— Послушай, ведьма, — княжна вскинула голову, — где здесь ещё живые?
Она так соскучилась по человеческому голосу, что стерпела бы даже вёльху. Но та не ответила. Не оторвалась от нитей и не прервала поток странных слов. Малика не боялась сглаза — ей казалось, после пожара в Гурате она не боялась ничего. Молчание ведьмы вывело её из себя, а княжна держала лицо даже тогда, когда хотела оставить от чертогов лишь малахитовые и опаловые осколки. Поступить с домом Сармата так же, как он с её.
Это была последняя капля.
— Ты что, глухая? Отвечай, если я с тобой говорю.
Вертелось колесо вёльхи, ползла пряжа.
— Мерзкая жаба, — ноздри Малики расширились. Девушка шагнула к прялке, но не отшвырнула её только из-за брезгливости — ведьминские вещи грязные. — Посмотри мне в лицо. Есть здесь кто живой, кроме тебя? Где Сармат? Где его брат-изменник? Я хочу их видеть.
Вёльха и ухом не повела. По-прежнему крутила волокно, тянула нити и, бормоча, улыбалась пряже гнилым ртом.
Малика презрительно скривилась и отступила.
— Ты, наверное, страшно глупа. — Ведьма не подняла головы. — Годы выбили у тебя последние мозги, гнусное отродье. Что ж, оставайся здесь и мри в одиночестве.

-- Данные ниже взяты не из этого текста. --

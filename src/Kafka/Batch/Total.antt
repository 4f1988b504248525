-- ===== src/Kafka/Batch/Total.antt =====
-- The inspection of record batches on any bytes (crates/shard-stream-kafka/src/batch.rs).
use shard_stream.Prelude.{
  ℕ, zero, suc, ◌+◌, ◌-◌, ◌^◌, ◌≤◌, ◌<◌, ◌≡◌, ◌⊎◌, refl, subst, sym, true, not, Option, none, some,
  ltb, ◌==◌, length, checked_add, checked_sub, usize_mod, arith, ltb→le, ltb→lt, not-true,
}
use shard_stream.Prelude.Bytes.{Bytes}
use shard_stream.Prelude.Integers.{non_negative}
use shard_stream.Prelude.Results.{
  ok, err, Ensures, holds, fails, Ensures-bind, ok_or-Ensures, guard-Ensures, if-Ensures,
  Ensures-cases,
}
use shard_stream.Engine.Model.{ProducerIdentity}
use shard_stream.Kafka.Record.Records.{validate_record_data-Ensures}
use shard_stream.Kafka.Record.{
  ResponseError, corrupt_message, message_too_large, unsupported_for_message_format, Compression,
}
use shard_stream.Kafka.Batch.{
  InspectedRecordBatches, ProducerMode, unknown, non_idempotent, idempotent, Scan, inspect_batch,
  inspect_batches, inspected_producer, inspect_record_batches, read_i32,
}
use shard_stream.Kafka.Batch.Fields.{
  sum_of, part-Ensures, inspect_header-Ensures, update_producer-Ensures, Counts,
}

-- What the loop keeps of its cursor, its count and its mode.
record IsScan (records : Bytes) (t : Scan) : Type 0 where
  inside : t.cursor ≤ length records
  counts : Counts t.record_count t.producer
  small : t.record_count < 2 ^ 32

room : (size a b : ℕ) {c : ℕ} → checked_add size a b ≡ some c → c < size
room size a b h = ground arith

left_of : (a b : ℕ) {c : ℕ} → checked_sub a b ≡ some c → (b ≤ a) × (c ≡ a - b)
left_of a b h = ground arith

-- A round goes on behind its batch.
inspect_batch-Ensures :
    (crc : Bytes → ℕ) (decompress : Compression → Bytes → Option Bytes) (records : Bytes) (t : Scan)
    → IsScan records t
    → Ensures
        (λ u. (t.cursor < u.cursor) × IsScan records u)
        (inspect_batch crc decompress records t)
unfolding inspect_batch
inspect_batch-Ensures crc decompress records t v =
    Ensures-bind (ok_or-Ensures (checked_sub (length records) t.cursor) corrupt_message)
      λ remaining e.
        let l = left_of _ _ e in
        Ensures-bind (guard-Ensures (not (ltb remaining 61)) corrupt_message) λ _ long.
          let n = ltb→le remaining 61 (not-true _ long) in
          Ensures-bind (part-Ensures records t.cursor (length records) v.inside (omega arith))
            λ outer o.
              Ensures-bind (part-Ensures outer 8 12 (omega arith) (omega (arith, o, l, n)))
                λ word _.
                  Ensures-bind (ok_or-Ensures (non_negative (read_i32 word)) corrupt_message)
                    λ size _.
                      Ensures-bind (guard-Ensures (not (ltb size 49)) corrupt_message) λ _ big.
                        let m = ltb→le size 49 (not-true _ big) in
                        Ensures-bind (ok_or-Ensures (checked_add usize_mod 12 size) corrupt_message)
                          λ total s.
                            Ensures-bind (guard-Ensures (not (ltb remaining total)) corrupt_message)
                              λ _ fits.
                                let f = ltb→le remaining total (not-true _ fits) in
                                let u = sum_of _ _ _ s in
                                Ensures-bind
                                  (ok_or-Ensures (checked_add usize_mod t.cursor total)
                                    corrupt_message)
                                  λ end g.
                                    let w = sum_of _ _ _ g in
                                    let inside : end ≤ length records = omega (arith, w, f, l) in
                                    Ensures-bind
                                      (part-Ensures records (t.cursor + 12) end
                                        (omega (arith, w, u, m)) inside)
                                      λ body _.
                                        Ensures-bind (inspect_header-Ensures crc body)
                                          λ header positive.
                                            Ensures-bind
                                              (part-Ensures records (t.cursor + 61) end
                                                (omega (arith, w, u, m)) inside)
                                              λ frames _.
                                                Ensures-bind
                                                  (validate_record_data-Ensures decompress header
                                                    frames)
                                                  λ _ _.
                                                    Ensures-bind
                                                      (update_producer-Ensures t.record_count
                                                        t.producer header v.counts positive)
                                                      λ mode counts.
                                                        Ensures-bind
                                                          (ok_or-Ensures
                                                            (checked_add (2 ^ 32) t.record_count
                                                            header.record_count)
                                                            message_too_large)
                                                          λ count sum. holds (
                                                            omega (arith, w, u, m),
                                                            record {
                                                            inside = inside;
                                                            counts =
                                                            subst (λ c. Counts c mode)
                                                            (sym (sum_of _ _ _ sum)) counts;
                                                            small = room _ _ _ sum;
                                                            },
                                                          )

inspect_batches-Ensures :
    (crc : Bytes → ℕ) (decompress : Compression → Bytes → Option Bytes) (records : Bytes) (fuel : ℕ)
    (t : Scan)
    → IsScan records t
    → length records - t.cursor < fuel
    → Ensures (IsScan records) (inspect_batches crc decompress records fuel t)
unfolding inspect_batches
inspect_batches-Ensures crc decompress records zero t v enough = absurd (omega arith)
inspect_batches-Ensures crc decompress records (suc fuel) t v enough =
    if-Ensures (ltb t.cursor (length records))
      (λ inside. Ensures-bind (inspect_batch-Ensures crc decompress records t v) λ u good.
        inspect_batches-Ensures crc decompress records fuel u good.1
          (omega (arith, good.0, enough, ltb→lt _ _ inside)))
      (λ _. holds v)

-- The sequences of the records from the producer's first one are numbers of an i32.
abbrev pub Sequences : ℕ → Option ProducerIdentity → Type 0
Sequences count none = Unit {0}
Sequences count (some p) = p.first_sequence + count ≤ 2 ^ 31

-- What is said of batches that are accepted.
pub record IsInspected (r : InspectedRecordBatches) : Type 0 where
  pub some_records : 0 < r.record_count
  pub small : r.record_count < 2 ^ 32
  pub sequences : Sequences r.record_count r.producer

inspected_producer-Ensures :
    (count : ℕ) (mode : ProducerMode)
    → Counts count mode
    → Ensures (Sequences count) (inspected_producer mode)
unfolding inspected_producer
inspected_producer-Ensures count unknown h = fails
inspected_producer-Ensures count non_idempotent h = holds tt
inspected_producer-Ensures count (idempotent i e f n) h = holds (omega (arith, h.0, h.1))

inspect-Ensures :
    (crc : Bytes → ℕ) (decompress : Compression → Bytes → Option Bytes) (records : Bytes)
    → Ensures IsInspected (inspect_record_batches crc decompress records)
unfolding inspect_record_batches
inspect-Ensures crc decompress records =
    Ensures-bind
      (inspect_batches-Ensures crc decompress records (suc (length records))
        (record { cursor = 0; record_count = 0; producer = unknown })
        (record { inside = omega arith; counts = refl; small = omega arith }) (omega arith))
      λ scan v.
        Ensures-bind (guard-Ensures (not (scan.record_count == 0)) unsupported_for_message_format)
          λ _ nonzero.
            Ensures-bind (inspected_producer-Ensures scan.record_count scan.producer v.counts)
              λ producer sequences. holds (record {
                some_records = some_records_of scan.record_count nonzero;
                small = v.small;
                sequences = sequences;
              })
  where
    some_records_of : (n : ℕ) → not (n == 0) ≡ true → 0 < n
    some_records_of n h = ground arith

-- On any bytes, with any checksum and any decompressor, the inspection returns an error, or fewer
-- than 2 ^ 32 records and at least one, whose sequences, from the first one of an idempotent producer,
-- are numbers of an i32: it does not panic, and its loop ends.
pub inspect_record_batches_total :
    (crc : Bytes → ℕ) (decompress : Compression → Bytes → Option Bytes) (records : Bytes)
    → ((e : ResponseError) × (inspect_record_batches crc decompress records ≡ err e))
      ⊎ ((r : InspectedRecordBatches) × (inspect_record_batches crc decompress records ≡ ok r)
          × IsInspected r)
inspect_record_batches_total crc decompress records =
    Ensures-cases (inspect-Ensures crc decompress records)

Она уже собралась уходить, но напоследок вздёрнула породистый нос и выплюнула:
— Да что ты там всё прядёшь?
И тогда вёльха гадко захихикала. От неожиданности Малика приподняла чёрные брови, а ведьма продолжила смеяться — грудь её затряслась.
— Она спрашивает, что я пряду, — сообщила она прялке, давясь скрипящим, надрывным хохотом. Морщинистая шея заходила ходуном. — Она спрашивает, что я пряду!..
Два острых глаза впились в лицо Малики. Один — жёлтый, второй — чёрный, без зрачка.
— Смерть твою, княжна.
Щека девушки дёрнулась. Малика выдержала взгляд вёльхи и ещё долго и холодно смотрела на неё, вновь принявшуюся за работу.
— Старая дура, — обронила она надменно. Развернулась на каблуках и вышла вон.
========== Песня перевала III ==========
По лагерю тянулись десятки тяжёлых запахов. Чад зажжённых костров и древесные смолы, жареное мясо. Приречные цветы, конский пот, разбавленная брага и сырая земля. Запахи клубились вокруг Рацлавы, лезли в рот и нос — жевательный табак, масло, душица. Как бочку с водой, уши девушки заливали звуки: треск поленьев, разговоры, стук ножа по ветке. Стрекот сверчков, кваканье лягушек и даже шелест камышей. «Мы ещё в княжестве, — поняла Рацлава. — Поэтому всё так спокойно».
Разложенный за ней походный шатёр, небольшой, но прочный, пах дорогой и пылью. Та Ёхо, сидевшая напротив, — корой и хлебом, Хавтора — чем-то кислым. От Совьон по-прежнему шёл запах стали. И вязкого дыма с горькой полынью. Пугающий запах, тревожный. Воительница наконец-то шагнула вперёд и, скрестив ноги, села к их костёрку — Рацлава услышала, что сейчас на её плече не было ворона.